There is always going to be someone younger and firmer at the gym. It sounds like there may be more of them in your gym than mine, but they are everywhere. They have nothing to do with me. What they have has nothing to do with what I can achieve.

There's this lady at my gym. I've been watching her for months and months now. She's probably in her mid 70's. She has worked her butt off pretty literally. She wasn't too overweight at the start -- just not toned with a bit of pudgey. About everyone in the gym was younger than her and a lot were more toned than her, but I doubt she gave it a second thought. She certainly didn't act like she did. She's one buff lady now. She's got stronger arms than me for sure and her legs are more toned than mine even if we can do about the same weights.
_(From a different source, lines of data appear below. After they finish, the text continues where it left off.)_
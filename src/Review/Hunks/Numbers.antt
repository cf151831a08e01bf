-- ===== src/Review/Hunks/Numbers.antt =====
-- The numbers of a header are read.
use codesensei.Common.{
  ℕ, ◌+◌, ◌*◌, ◌≤◌, ◌≡◌, refl, inl, inr, Bool, true, false, not, ◌&&◌, Option, none, some, [], ◌∷◌,
  Text, codes, ltb, ◌==◌, length, length-drop, keep, is_empty, is_space, starts_with, strip_prefix,
  span, All, Bool-cases, arith,
}
use codesensei.Common.Options.{Holds, HasValue, Holds-bind}
use codesensei.Common.Digits.{Unicode, parse_nat, read_digits, is_some}
use codesensei.Review.Hunks.{
  is_digit, one_space, some_digits, optional_number, optional_from, side, matched, match_hunk,
}

abbrev pub Shorter : ℕ → Text → Type 0
Shorter n s = length s ≤ n

strip_prefix-Shorter :
    (prefix s : Text) (n : ℕ) → length s ≤ n → Holds (Shorter n) (strip_prefix prefix s)
strip_prefix-Shorter prefix s n h = elim (Bool-cases (starts_with s prefix)) [
  | inl hit ↦ rw hit (omega (arith, length-drop (length prefix) s))
  | inr miss ↦ rw miss tt
]

one_space-Shorter : (s : Text) (n : ℕ) → length s ≤ n → Holds (Shorter n) (one_space s)
one_space-Shorter [] n h = tt
one_space-Shorter (c ∷ s) n h = elim (Bool-cases (is_space c)) [
  | inl space ↦ rw space (omega arith)
  | inr other ↦ rw other tt
]

-- Digits, at least one and at most `n`.
abbrev pub AreDigits : Unicode → ℕ → Text → Type 0
AreDigits u n s = (is_empty s ≡ false) × All (λ c. is_digit u c ≡ true) s × (length s ≤ n)

span_parts :
    (p : ℕ → Bool) (s : Text)
    → All (λ c. p c ≡ true) (span p s).0
      × (length (span p s).0 ≤ length s)
      × (length (span p s).1 ≤ length s)
span_parts p [] = (tt, omega arith, omega arith)
span_parts p (c ∷ s) =
    let (all, front, back) = span_parts p s in
    elim (Bool-cases (p c)) [
      | inl passes ↦ rw passes ((passes, all), omega (arith, front), omega (arith, back))
      | inr stops ↦ rw stops (tt, omega arith, omega arith)
    ]

some_digits-AreDigits :
    (u : Unicode) (s : Text) (n : ℕ)
    → length s ≤ n
    → Holds (λ p. AreDigits u n p.0 × Shorter n p.1) (some_digits u s)
some_digits-AreDigits u s n h = elim (Bool-cases (is_empty (span (is_digit u) s).0)) [
  | inl empty ↦ rw empty tt
  | inr filled ↦
      let (all, front, back) = span_parts (is_digit u) s in
      rw filled ((filled, all, omega (arith, front, h)), omega (arith, back, h))
]

abbrev pub IsSizeIn : Unicode → ℕ → Option Text → Type 0
IsSizeIn u n o = Holds (AreDigits u n) o

optional_from-IsSizeIn :
    (u : Unicode) (s : Text) (n : ℕ) (o : Option (Text × Text))
    → length s ≤ n
    → Holds (λ p. AreDigits u n p.0 × Shorter n p.1) o
    → IsSizeIn u n (optional_from s o).0 × Shorter n (optional_from s o).1
optional_from-IsSizeIn u s n none h k = (tt, h)
optional_from-IsSizeIn u s n (some (digits, rest)) h k = k

optional_number-IsSizeIn :
    (u : Unicode) (s : Text) (n : ℕ)
    → length s ≤ n
    → IsSizeIn u n (optional_number u s).0 × Shorter n (optional_number u s).1
optional_number-IsSizeIn u [] n h = (tt, h)
optional_number-IsSizeIn u (c ∷ s) n h = elim (Bool-cases (c == b',')) [
  | inl comma ↦ rw comma (
      optional_from-IsSizeIn u (c ∷ s) n (some_digits u s) h
        (some_digits-AreDigits u s n (omega (arith, h))))
  | inr other ↦ rw other (tt, h)
]

abbrev IsSide : Unicode → ℕ → Text × Option Text × Text → Type 0
IsSide u n p = AreDigits u n p.0 × IsSizeIn u n p.1 × Shorter n p.2

side-IsSide : (u : Unicode) (s : Text) (n : ℕ) → length s ≤ n → Holds (IsSide u n) (side u s)
side-IsSide u s n h =
    Holds-bind (λ p. AreDigits u n p.0 × Shorter n p.1) (IsSide u n) (some_digits u s) _
      (λ p k.
        let (size, rest) = optional_number-IsSizeIn u p.1 n k.1 in
        Holds-bind (Shorter n) (IsSide u n) (one_space (optional_number u p.1).1) _
          (λ r short. (k.0, size, short)) (one_space-Shorter (optional_number u p.1).1 n rest))
      (some_digits-AreDigits u s n h)

abbrev pub AreGroups : Unicode → ℕ → Text × Option Text → Type 0
AreGroups u n g = AreDigits u n g.0 × IsSizeIn u n g.1

matched-AreGroups :
    (u : Unicode) (n : ℕ) (start : Text) (size : Option Text) (o : Option Text)
    → AreGroups u n (start, size)
    → Holds (AreGroups u n) (matched start size o)
matched-AreGroups u n start size none h = tt
matched-AreGroups u n start size (some rest) h = h

pub match_hunk-AreGroups :
    (u : Unicode) (raw : Text) (n : ℕ) → length raw ≤ n → Holds (AreGroups u n) (match_hunk u raw)
unfolding match_hunk
match_hunk-AreGroups u raw n h =
    let P : Text → Type 0 = Shorter n in
    let G : Text × Option Text → Type 0 = AreGroups u n in
    Holds-bind P G (strip_prefix (codes "@@") raw) _
      (λ s1 h1.
        Holds-bind P G (one_space s1) _
          (λ s2 h2.
            Holds-bind P G (strip_prefix (codes "-") s2) _
              (λ s3 h3.
                Holds-bind (IsSide u n) G (side u s3) _
                  (λ old h4.
                    Holds-bind P G (strip_prefix (codes "+") old.2) _
                      (λ s5 h5.
                        Holds-bind (IsSide u n) G (side u s5) _
                          (λ new h6.
                            matched-AreGroups u n new.0 new.1 (strip_prefix (codes "@@") new.2)
                              (h6.0, h6.1))
                          (side-IsSide u s5 n h5))
                      (strip_prefix-Shorter (codes "+") old.2 n h4.2))
                  (side-IsSide u s3 n h3))
              (strip_prefix-Shorter (codes "-") s2 n h2))
          (one_space-Shorter s1 n h1))
      (strip_prefix-Shorter (codes "@@") raw n h)

length-keep-le : (p : ℕ → Bool) (s : Text) → length (keep p s) ≤ length s
length-keep-le p [] = omega arith
length-keep-le p (c ∷ s) = elim (Bool-cases (p c)) [
  | inl kept ↦ rw kept (omega (arith, length-keep-le p s))
  | inr left ↦ rw left (omega (arith, length-keep-le p s))
]

ltb-keep_false :
    (s : Text) (p : ℕ → Bool) → length s ≤ 4300 → ltb 4300 (length (keep p s)) ≡ true → ⊥
ltb-keep_false s p h over = ground (arith, over, length-keep-le p s)

some-HasValue :
    (o : Option ℕ) (f : ℕ → Option ℕ) (other : Option ℕ)
    → is_some o ≡ true
    → ((d : ℕ) → HasValue (λ n. Unit {0}) (f d))
    → HasValue (λ n. Unit {0}) (elim o [ some d ↦ f d | none ↦ other ])
some-HasValue none f other h k = cc
some-HasValue (some d) f other h k = k d

-- Digits after a digit, or at least one.
read_digits-HasValue :
    (u : Unicode) (s : Text) (acc : ℕ) (after : Bool)
    → All (λ c. is_digit u c ≡ true) s
    → (not after && is_empty s) ≡ false
    → HasValue (λ n. Unit {0}) (read_digits u after acc s)
read_digits-HasValue u [] acc true all h = tt
read_digits-HasValue u [] acc false all h = cc
read_digits-HasValue u (c ∷ s) acc after (digit, all) h =
    some-HasValue (u.digit c) (λ d. read_digits u true (acc * 10 + d) s) _ digit
      (λ d. read_digits-HasValue u s (acc * 10 + d) true all refl)

-- Digits are read, as long as there are no more than 4300.
pub parse_nat-AreDigits :
    (u : Unicode) (s : Text) → AreDigits u 4300 s → HasValue (λ n. Unit {0}) (parse_nat u s)
unfolding parse_nat
parse_nat-AreDigits u s (filled, all, short) =
    elim (Bool-cases (ltb 4300 (length (keep (λ c. is_some (u.digit c)) s)))) [
      | inl over ↦ absurd (ltb-keep_false s (λ c. is_some (u.digit c)) short over)
      | inr within ↦ rw within (read_digits-HasValue u s 0 false all filled)
    ]
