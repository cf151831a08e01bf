-- ===== src/Review/Hunks/Bounds.antt =====
-- The hunks that are extracted.
use codesensei.Common.{
  ℕ, ◌≤◌, ◌≡◌, refl, inl, inr, false, ◌||◌, Option, none, some, List, [], ◌∷◌, ◌++◌, Text, text_eq,
  leb, length, is_empty, splitlines, All, All-append, Bool-cases, arith,
}
use codesensei.Common.Options.{◌>>=◌, Holds, HasValue, HasValue-bind}
use codesensei.Common.Digits.{Unicode, parse_nat}
use codesensei.Review.Windows.{Hunk}
use codesensei.Review.Hunks.Numbers.{AreGroups, IsSizeIn, match_hunk-AreGroups, parse_nat-AreDigits}
use codesensei.Review.Hunks.{
  match_hunk, match_file, Extract, add_hunk, size_of, with_hunk, hunk_line, body_line, extract_file,
  extract_line, extract_lines, extract_rhs_hunks,
}

-- A hunk of at least one line, counted from 1; a file has at least one hunk.
abbrev pub IsHunk : Hunk → Type 0
IsHunk h = (1 ≤ h.0) × (1 ≤ h.1)

abbrev pub AreHunks : List (Text × List Hunk) → Type 0
AreHunks = All (λ e. (is_empty e.1 ≡ false) × All IsHunk e.1)

abbrev HasHunks : Option Extract → Type 0
HasHunks = HasValue (λ st. AreHunks st.out)

is_empty-snoc : (hs : List Hunk) (h : Hunk) → is_empty (hs ++ (h ∷ [])) ≡ false
is_empty-snoc [] h = refl
is_empty-snoc (x ∷ hs) h = refl

AreHunks-add_hunk :
    (path : Text) (h : Hunk) (out : List (Text × List Hunk))
    → IsHunk h
    → AreHunks out
    → AreHunks (add_hunk path h out)
AreHunks-add_hunk path h [] p k = ((refl, (p, tt)), tt)
AreHunks-add_hunk path h ((j, hs) ∷ out) p ((filled, all), ks) =
    elim (Bool-cases (text_eq j path)) [
      | inl same ↦ rw same ((is_empty-snoc hs h, All-append IsHunk hs (h ∷ []) all (p, tt)), ks)
      | inr other ↦ rw other ((filled, all), AreHunks-add_hunk path h out p ks)
    ]

positive : (n m : ℕ) → (leb n 0 || leb m 0) ≡ false → IsHunk (n, m)
positive n m h = ground (arith, h)

AreHunks-with_hunk :
    (st : Extract) (path : Text) (n m : ℕ) → AreHunks st.out → AreHunks (with_hunk st path n m).out
AreHunks-with_hunk st path n m h = elim (Bool-cases (leb n 0 || leb m 0)) [
  | inl bad ↦ rw bad h
  | inr good ↦ rw good (AreHunks-add_hunk path (n, m) st.out (positive n m good) h)
]

module _ (u : Unicode) (st : Extract) (h : AreHunks st.out) where
  with_numbers :
      (path : Text) (n m : Option ℕ)
      → HasValue (λ n. Unit {0}) n
      → HasValue (λ n. Unit {0}) m
      → HasHunks (do n' ← n; m' ← m; some (with_hunk st path n' m'))
  with_numbers path none m p q = elim p [ ]
  with_numbers path (some n) none p q = elim q [ ]
  with_numbers path (some n) (some m) p q = AreHunks-with_hunk st path n m h

  size_of-HasValue : (o : Option Text) → IsSizeIn u 4300 o → HasValue (λ n. Unit {0}) (size_of u o)
  size_of-HasValue none k = tt
  size_of-HasValue (some s) k = parse_nat-AreDigits u s k

  HasHunks-hunk_line :
      (path : Text) (g : Option (Text × Option Text))
      → Holds (AreGroups u 4300) g
      → HasHunks (hunk_line u st path g)
  HasHunks-hunk_line path none k = h
  HasHunks-hunk_line path (some (start, size)) (k, l) =
      with_numbers path (parse_nat u start) (size_of u size) (parse_nat-AreDigits u start k)
        (size_of-HasValue size l)

  HasHunks-body_line :
      (raw : Text) (path : Option Text) → length raw ≤ 4300 → HasHunks (body_line u st raw path)
  HasHunks-body_line raw none k = h
  HasHunks-body_line raw (some path) k =
      HasHunks-hunk_line path (match_hunk u raw) (match_hunk-AreGroups u raw 4300 k)

  HasHunks-extract_file :
      (raw : Text) (path : Option Text) → length raw ≤ 4300 → HasHunks (extract_file u st raw path)
  HasHunks-extract_file raw none k = HasHunks-body_line raw st.current_file k
  HasHunks-extract_file raw (some path) k = h

  HasHunks-extract_line : (raw : Text) → length raw ≤ 4300 → HasHunks (extract_line u st raw)
  unfolding extract_line
  HasHunks-extract_line raw k = HasHunks-extract_file raw (match_file raw) k

HasHunks-extract_lines :
    (u : Unicode) (lines : List Text) (st : Extract)
    → All (λ raw. length raw ≤ 4300) lines
    → AreHunks st.out
    → HasHunks (extract_lines u st lines)
unfolding extract_lines
HasHunks-extract_lines u [] st k h = h
HasHunks-extract_lines u (raw ∷ lines) st (k, ks) h =
    HasValue-bind (λ st'. AreHunks st'.out) (λ st'. AreHunks st'.out) (extract_line u st raw)
      (λ st'. extract_lines u st' lines) (λ st' h'. HasHunks-extract_lines u lines st' ks h')
      (HasHunks-extract_line u st h raw k)

-- Of a diff whose lines have at most 4300 characters the hunks are extracted without an exception;
-- every file among them has at least one hunk, and every hunk starts at line 1 or later and has at
-- least one line.
pub extract_rhs_hunks-AreHunks :
    (u : Unicode) (diff : Text)
    → All (λ raw. length raw ≤ 4300) (splitlines diff)
    → HasValue AreHunks (extract_rhs_hunks u diff)
unfolding extract_rhs_hunks
extract_rhs_hunks-AreHunks u diff short =
    HasValue-bind (λ st. AreHunks st.out) AreHunks
      (extract_lines u (record { out = []; current_file = none }) (splitlines diff))
      (λ st. some st.out) (λ st h. h)
      (HasHunks-extract_lines u (splitlines diff) (record { out = []; current_file = none }) short
        tt)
I think she's awesome.

As a final thought on the eating. It doesn't always have to be a big struggle. It doesn't always have to be this willpower battle. No matter how tough a person is, they can't fight all the time. Some people can fight enough to lose weight and some can fight long enough to even keep it off awhile, but why should food or fighting it or giving up on fighting it (and trying to accept overweightness) be the center of my universe?

Marjorie said...

Have you thought about swimming for some aerobic exercise while you are waiting for your knee? If it wouldn't hurt your knee it might be a good idea because it takes the weight off the joints. I know that my arthritis was much better while I was swimming regularly. My ob-gyn couldn't believe how much I lost in the middle area of my body when I went back for my annual check up after your dear husband was born!

I just signed up with our old gym last month. It is hard to make time to go back but I know that I have to do it so I can keep up with all of you guys. It's not the same now it is co-ed but I am thankful for the good looking sticks. That means the guys are not paying any attention to me!

One other observation. It took me a long time to realize often when I thought I was hungry I was actually thirsty. So now I try to have a drink first. Then I can decide if I really want to reach for the sweet or salty snack. It also helps me to have cut veggies available. Less calories, more fiber:)

Lisa said...

"I am thankful for the good looking sticks. That means the guys are not paying any attention to me!"

Oooh I like that attitude - great point!

Yes, swimming would work, I think. We went to the pool for the afternoon last week and I spent an hour doing some kicks on the side of the pool (I got lots of dirty looks from the little 'edge hugger' kids). I was amazed how tired I was after doing that. Water work is deceptive that way.

Thanks for the ideas everyone! (Hint - that does not mean you can't post more!)